I’ve had surgery on my face.
When I tell people that, they get excited, imagining,
perhaps, a disfiguring car accident.
In actuality, it isn’t anything to get excited
about: they just needed to fix a malfunctioning tear duct. Of course, it didn’t work, this fixing, but
that didn’t keep them billing me the equivalent of, say, a yacht payment.
I went in, they doped me up, broke my nose, set it,
introduced a length of fine plastic tubing and voila, as we used to say, fish
and chips.
I awoke in Post-Op, drunk on anesthesia. The world was whirling; the pain, painful.
The time between “coming to” and finding myself at home,
in my bed, cannot be measured.
My sister is leaning over me.
“You there?”
I nod.
“You want to see?”
She is holding a mirror.
I nod.
“You look ghastly,” she says.
And it’s true.
There is a plastic form up my nose, covered by a surprisingly bloody
bandage. There is another bandage,
unbloodied, over my right eye. There are
splotches of dried blood on my cheeks, my chin. I am breathing out of my mouth.
“I’b dry.”
She hands me a lemon drop. I suck on it without the benefit of taste and
salivate anyway.
“Do you remember that Dylan is at his dad’s ‘til Sunday?”
I nod.
“And that me and Kyle are going to a cabin?”
I nod again.
“I’ll be home in a week,” she says. “You going to be okay?”
I hold up a thumb and its corresponding index
finger: A-OK.
“You got drugs?” she says.
“I dot a prescription,” I say. I hold up a bottle of Tylenol 3.
“Seriously?” she says.
“They break your nose and you get Tylenol 3? We got cousins that get OxyContin just for being
good liars.”
I lift both palms:
What are ya gonna do?
“Hmmm,” she says.
A friend visits the next day. We sit on the porch, where she studiously
avoids looking at my bloody bandages. In
a codeine-assisted haze, I listen to her read my horoscope.
“Today,” she reads, “is a good day for entertaining.”
I spend the rest of the day sleeping.
On the evening of the third day, I realize that I’ve
eaten nothing but a bag of lemon drops since the day before the surgery.
It is 3:30 in the morning. The street is quiet. The house is quiet.
My belly is decidedly not.
I wrap myself in a robe, hobble feebly to the kitchen.
The fridge is, essentially, empty. There is a small container of curdled and/or
curdling milk. There is a jar of pickles
that, strangely, has what may be a crouton floating in it. There is a bottle of ketchup, a jar of
capers, two open containers of Miracle Whip, both half-gone.
But wait – what’s that?
Behind the pickles is a ziplock-baggied container of shredded cheddar
cheese.
Cheese! I tear at the
bag. The fridge door open, its light washes
over me, streams past my shaking hands, pools onto the linoleum floor. I stare without seeing as I shovel cheese into my mouth.
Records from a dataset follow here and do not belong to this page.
-- ===== src/Lora/Parse.antt =====
-- The frames of a byte stream, with no buffer: what `nextFrame` is meant to cut from the bytes received.
use drone_os.Base.{
  ◌+◌, ◌≤◌, ◌<◌, ◌≡◌, refl, sym, ap, ◌∙◌, true, false, Option, none, some, [], ◌∷◌, ◌++◌, arith,
  ◌⊎◌, inl, inr, ltb, if◌then◌else◌, Bytes, be_uint32, length, take, drop, length-append,
  length-take, take-append-drop, take-append, drop-append,
}
use drone_os.Lora.{max_frame_size, bad_length}

-- The front of a stream `s`, where `rest` is the outcome for the stream behind its first byte.
pub cut : Bytes → Option Bytes × Bytes → Option Bytes × Bytes
unfolding bad_length
cut s rest =
    let n = be_uint32 s in
    if ltb (length s) 4
    then (none, s)
    else if bad_length n
    then rest
    else if ltb (length s) (4 + n)
    then (none, s)
    else (some (take (4 + n) s), drop (4 + n) s)

-- The next frame and the bytes behind it; `none` with the bytes that more input may complete.
pub parse : Bytes → Option Bytes × Bytes
parse [] = (none, [])
parse (x ∷ xs) = cut (x ∷ xs) (parse xs)

be_uint32-append : (s q : Bytes) → 4 ≤ length s → be_uint32 (s ++ q) ≡ be_uint32 s
unfolding be_uint32
be_uint32-append (a ∷ b ∷ c ∷ d ∷ s) q h = refl
be_uint32-append [] q h = absurd (omega arith)
be_uint32-append (a ∷ []) q h = absurd (omega arith)
be_uint32-append (a ∷ b ∷ []) q h = absurd (omega arith)
be_uint32-append (a ∷ b ∷ c ∷ []) q h = absurd (omega arith)

-- More input does not change a frame that is complete.
cut-append_some :
    (s q : Bytes) (rest rest' : Option Bytes × Bytes) (f r : Bytes)
    → (rest ≡ (some f, r) → rest' ≡ (some f, r ++ q))
    → cut s rest ≡ (some f, r)
    → cut (s ++ q) rest' ≡ (some f, r ++ q)
unfolding cut
cut-append_some s q rest rest' f r ih e = ground (
  arith,
  ih,
  length-append s q,
  be_uint32-append s q,
  take-append (4 + be_uint32 s) s q,
  drop-append (4 + be_uint32 s) s q,
)

pub parse-append_some :
    (s q f r : Bytes) → parse s ≡ (some f, r) → parse (s ++ q) ≡ (some f, r ++ q)
unfolding parse
parse-append_some [] q f r e = cc
parse-append_some (x ∷ xs) q f r e =
    cut-append_some (x ∷ xs) q (parse xs) (parse (xs ++ q)) f r (parse-append_some xs q f r) e

-- A stream with no frame is kept whole, or begins with a byte that is skipped.
cut-eq-none :
    (s : Bytes) (rest : Option Bytes × Bytes) (r : Bytes)
    → cut s rest ≡ (none, r)
    → (r ≡ s) ⊎ ((4 ≤ length s) × (bad_length (be_uint32 s) ≡ true) × (rest ≡ (none, r)))
unfolding cut
cut-eq-none s rest r e = ground arith

pub cut_bad :
    (s : Bytes) (rest : Option Bytes × Bytes)
    → 4 ≤ length s
    → bad_length (be_uint32 s) ≡ true
    → cut s rest ≡ rest
unfolding cut
cut_bad s rest le bad = ground arith

-- The bytes that were skipped stay skipped.
pub parse-append_none : (s q r : Bytes) → parse s ≡ (none, r) → parse (s ++ q) ≡ parse (r ++ q)
unfolding parse
parse-append_none [] q r e = let h : [] ≡ r = cc in rw (← h)
parse-append_none (x ∷ xs) q r e = elim (cut-eq-none (x ∷ xs) (parse xs) r e) [
  | inl kept ↦ rw kept
  | inr (le, bad, later) ↦
      cut_bad ((x ∷ xs) ++ q) (parse (xs ++ q)) (omega (arith, length-append xs q))
        (rw (be_uint32-append (x ∷ xs) q le) bad)
      ∙ parse-append_none xs q r later
]

pub parse-none_short : (s r : Bytes) → parse s ≡ (none, r) → length r < max_frame_size
unfolding parse cut
parse-none_short [] r e = ground arith
parse-none_short (x ∷ xs) r e = ground (arith, parse-none_short xs r)

-- `parse` by the four outcomes of a round, with no mention of the first byte.
pub parse_short : (s : Bytes) → length s < 4 → parse s ≡ (none, s)
unfolding parse cut
parse_short [] h = refl
parse_short (x ∷ xs) h = ground arith

pub parse_bad :
    (s : Bytes) → 4 ≤ length s → bad_length (be_uint32 s) ≡ true → parse s ≡ parse (drop 1 s)
unfolding parse
parse_bad [] h bad = absurd (omega arith)
parse_bad (x ∷ xs) h bad = cut_bad (x ∷ xs) (parse xs) h bad

pub parse_incomplete :
    (s : Bytes)
    → 4 ≤ length s
    → bad_length (be_uint32 s) ≡ false
    → length s < 4 + be_uint32 s
    → parse s ≡ (none, s)
unfolding parse cut bad_length
parse_incomplete [] h good less = absurd (omega arith)
parse_incomplete (x ∷ xs) h good less = ground arith

pub parse_frame :
    (s : Bytes)
    → bad_length (be_uint32 s) ≡ false
    → 4 + be_uint32 s ≤ length s
    → parse s ≡ (some (take (4 + be_uint32 s) s), drop (4 + be_uint32 s) s)
unfolding parse cut bad_length
parse_frame [] good le = absurd (omega arith)
parse_frame (x ∷ xs) good le = ground arith

pub be_uint32-take : (s : Bytes) → 4 ≤ length s → be_uint32 (take 4 s) ≡ be_uint32 s
be_uint32-take s h =
    sym (be_uint32-append (take 4 s) (drop 4 s) (omega (arith, length-take 4 s)))
    ∙ ap be_uint32 (take-append-drop 4 s)
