-- ===== src/Lora/Refine.antt =====
-- `nextFrame` and `compactReceiveBuffer` on the array do what `parse` does on the bytes between the
-- two indices.
use drone_os.Base.{
  ℕ, zero, suc, ◌+◌, ◌-◌, ◌≤◌, ◌<◌, ◌≡◌, refl, sym, ap, ◌∙◌, inl, inr, Option, none, some, ◌++◌,
  arith, ltb, leb, ◌==◌, Bool-cases, Bytes, be_uint32, slice, copy_at, length, take, drop,
  length-take, length-drop, drop-drop, drop-take, take-take, drop_all, length-copy_at,
  slice-copy_at,
}
use drone_os.Lora.{
  max_frame_size, bad_length, LoRaHat, payload_length, consume, next_frame_round, next_frame_loop,
  next_frame, compact_receive_buffer, store,
}
use drone_os.Lora.Parse.{
  parse, parse_short, parse_bad, parse_incomplete, parse_frame, be_uint32-take,
}

-- The indices bound a part of the array.
pub record IsValid (h : LoRaHat) : Type 0 where
  pub ordered : h.receive_start ≤ h.receive_end
  pub within : h.receive_end ≤ length h.receive_buf
  pub sized : length h.receive_buf ≡ max_frame_size

-- The bytes received and not yet consumed.
abbrev pub pending : LoRaHat → Bytes
pending h = slice h.receive_buf h.receive_start h.receive_end

length-slice : (b : Bytes) (lo hi : ℕ) → hi ≤ length b → length (slice b lo hi) ≡ hi - lo
length-slice b lo hi h = omega (arith, length-take (hi - lo) (drop lo b), length-drop lo b)

drop-slice : (b : Bytes) (lo hi n : ℕ) → drop n (slice b lo hi) ≡ slice b (lo + n) hi
drop-slice b lo hi n =
    drop-take n (hi - lo) (drop lo b)
    ∙ (let e : hi - lo - n ≡ hi - (lo + n) = omega arith in rw (e, drop-drop n lo (lo + n) b refl))

take-slice : (b : Bytes) (lo hi n : ℕ) → lo + n ≤ hi → take n (slice b lo hi) ≡ slice b lo (lo + n)
take-slice b lo hi n h =
    take-take n (hi - lo) (drop lo b) (omega arith)
    ∙ (let e : n ≡ lo + n - lo = omega arith in ap (λ k. take k (drop lo b)) e)

module _ (h : LoRaHat) (v : IsValid h) where
  open h use {receive_buf, receive_start, receive_end}

  pub length-pending : length (pending h) ≡ receive_end - receive_start
  length-pending = length-slice receive_buf receive_start receive_end v.within

  payload_length-pending : 4 ≤ length (pending h) → payload_length h ≡ be_uint32 (pending h)
  unfolding payload_length
  payload_length-pending le =
      ap be_uint32
        (sym (take-slice receive_buf receive_start receive_end 4 (omega (arith, length-pending))))
      ∙ be_uint32-take (pending h) le

  pending-consume :
      (n : ℕ)
      → receive_start + n ≤ receive_end
      → IsValid (consume h n) × (pending (consume h n) ≡ drop n (pending h))
  unfolding consume
  pending-consume n le = elim (Bool-cases (receive_start + n == receive_end)) [
    | inl e ↦ rw e (
      record { ordered = omega arith; within = omega arith; sized = v.sized },
      sym (drop_all n (pending h) (ground (arith, length-pending))),
    )
    | inr e ↦ rw e (
      record { ordered = omega arith; within = v.within; sized = v.sized },
      sym (drop-slice receive_buf receive_start receive_end n),
    )
  ]

-- The outcome `o` of the loop from `h` is that of `parse` on the bytes that `h` holds.
record Cuts (h : LoRaHat) (o : Option (LoRaHat × Option Bytes)) : Type 0 where
  next : LoRaHat
  outcome : o ≡ some (next, (parse (pending h)).0)
  valid : IsValid next
  left : pending next ≡ (parse (pending h)).1

module _ (h : LoRaHat) (v : IsValid h) where
  Cuts-stop :
      (o : Option (LoRaHat × Option Bytes))
      → o ≡ some (h, none)
      → parse (pending h) ≡ (none, pending h)
      → Cuts h o
  Cuts-stop o e p = record { next = h; outcome = rw p e; valid = v; left = rw p refl }

  Cuts-skip :
      (o : Option (LoRaHat × Option Bytes)) (h' : LoRaHat)
      → parse (pending h) ≡ parse (pending h')
      → Cuts h' o
      → Cuts h o
  Cuts-skip o h' p c = record {
    next = c.next;
    outcome = rw p c.outcome;
    valid = c.valid;
    left = rw p c.left;
  }

  Cuts-consume :
      (o : Option (LoRaHat × Option Bytes)) (n : ℕ)
      → h.receive_start + n ≤ h.receive_end
      → o ≡ some (consume h n, some (slice h.receive_buf h.receive_start (h.receive_start + n)))
      → parse (pending h) ≡ (some (take n (pending h)), drop n (pending h))
      → Cuts h o
  Cuts-consume o n le e p =
      let (valid, left) = pending-consume h v n le in
      record {
        next = consume h n;
        outcome = rw p (
            e
            ∙ ap (λ f. some (consume h n, some f))
                (sym (take-slice h.receive_buf h.receive_start h.receive_end n le)));
        valid = valid;
        left = rw p left;
      }

  -- One round, when at least a length field is there.
  Cuts-round :
      (rest : Option (LoRaHat × Option Bytes))
      → h.receive_start + 4 ≤ h.receive_end
      → Cuts (record h { receive_start = h.receive_start + 1 }) rest
      → Cuts h (next_frame_round h rest)
  unfolding next_frame_round
  Cuts-round rest le c =
      let len = length-pending h v in
      let n = payload_length-pending h v (omega arith) in
      elim (Bool-cases (bad_length (payload_length h))) [
        | inl bad ↦ rw bad (
            Cuts-skip rest _
              (parse_bad (pending h) (omega arith) (rw n at bad)
                ∙ ap parse (drop-slice h.receive_buf h.receive_start h.receive_end 1))
              c)
        | inr good ↦
            rw good
              (elim (Bool-cases (ltb (h.receive_end - h.receive_start) (4 + payload_length h))) [
                | inl more ↦ rw more (
                    Cuts-stop _ refl
                      (parse_incomplete (pending h) (omega arith) (rw n at good) (ground arith)))
                | inr whole ↦ rw whole (
                    Cuts-consume _ (4 + payload_length h) (ground arith) refl
                      (rw n (parse_frame (pending h) (rw n at good) (ground arith))))
              ])
      ]

Cuts-loop :
    (fuel : ℕ) (h : LoRaHat)
    → IsValid h
    → h.receive_end - h.receive_start < fuel
    → Cuts h (next_frame_loop fuel h)
unfolding next_frame_loop
Cuts-loop zero h v enough = absurd (omega arith)
Cuts-loop (suc fuel) h v enough = elim (Bool-cases (leb 4 (h.receive_end - h.receive_start))) [
  | inl le ↦ rw le (
      Cuts-round h v _ (ground arith) (
        Cuts-loop fuel (record h { receive_start = h.receive_start + 1 })
          (record { ordered = ground arith; within = v.within; sized = v.sized }) (ground arith)))
  | inr short ↦
      rw short (Cuts-stop h v _ refl (parse_short (pending h) (ground (arith, length-pending h v))))
]

-- On a valid buffer, `nextFrame` never runs out of fuel and returns the frame that `parse` finds in the
-- bytes held, or none where it finds none; it leaves a valid buffer with the bytes that `parse` leaves.
pub next_frame-parse :
    (h : LoRaHat)
    → IsValid h
    → (h' : LoRaHat) × (next_frame h ≡ some (h', (parse (pending h)).0))
      × IsValid h'
      × (pending h' ≡ (parse (pending h)).1)
unfolding next_frame
next_frame-parse h v =
    let c = Cuts-loop (suc (h.receive_end - h.receive_start)) h v (omega arith) in
    (c.next, c.outcome, c.valid, c.left)

compacted :
    (h : LoRaHat)
    → IsValid h
    → let held = slice h.receive_buf h.receive_start h.receive_end in
      let b = copy_at h.receive_buf 0 held in
      let n = h.receive_end - h.receive_start in
      IsValid (record { receive_buf = b; receive_start = 0; receive_end = n })
      × (slice b 0 n ≡ held)
      × ◌≡◌ {A = ℕ} 0 0
compacted h v =
    let len = length-pending h v in
    let fits : 0 + length (pending h) ≤ length h.receive_buf = omega (arith, v.within) in
    let size = length-copy_at h.receive_buf 0 (pending h) fits in
    let e : h.receive_end - h.receive_start ≡ 0 + length (pending h) = omega arith in
    (
      record { ordered = omega arith; within = omega (arith, v.within); sized = size ∙ v.sized },
      ap (λ k. slice (copy_at h.receive_buf 0 (pending h)) 0 k) e
          ∙ slice-copy_at h.receive_buf 0 0 (pending h) (omega arith) fits,
      refl,
    )

-- On a valid buffer, compaction keeps the bytes held and the buffer valid, and moves them to the front.
pub compact_receive_buffer_lem :
    (h : LoRaHat)
    → IsValid h
    → IsValid (compact_receive_buffer h)
      × (pending (compact_receive_buffer h) ≡ pending h)
      × ((compact_receive_buffer h).receive_start ≡ 0)
unfolding compact_receive_buffer
compact_receive_buffer_lem h v = elim (Bool-cases (h.receive_start == 0)) [
  | inl front ↦ rw front (v, refl, ground arith)
  | inr later ↦ rw later (compacted h v)
]

-- A read that fits goes behind the bytes that the buffer holds.
pub store_lem :
    (h : LoRaHat) (b : Bytes)
    → IsValid h
    → h.receive_end + length b ≤ max_frame_size
    → IsValid (store h b) × (pending (store h b) ≡ pending h ++ b)
unfolding store
store_lem h b v fits =
    let within : h.receive_end + length b ≤ length h.receive_buf = omega arith in
    let size = length-copy_at h.receive_buf h.receive_end b within in
    (
      record { ordered = omega arith; within = omega arith; sized = size ∙ v.sized },
      slice-copy_at h.receive_buf h.receive_start h.receive_end b v.ordered within,
    )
It is on the fourth fist full of dinner that I notice that my tongue feels
funny. I can’t taste anything, of
course, but the feel… There is something wrong with the feel of
this cheese. This doesn’t really feel like cheddar.
Knowing what I will find, I look anyway.
The cheese in the bag is, conservatively, 80% mold.
And just like that, I’m not hungry anymore.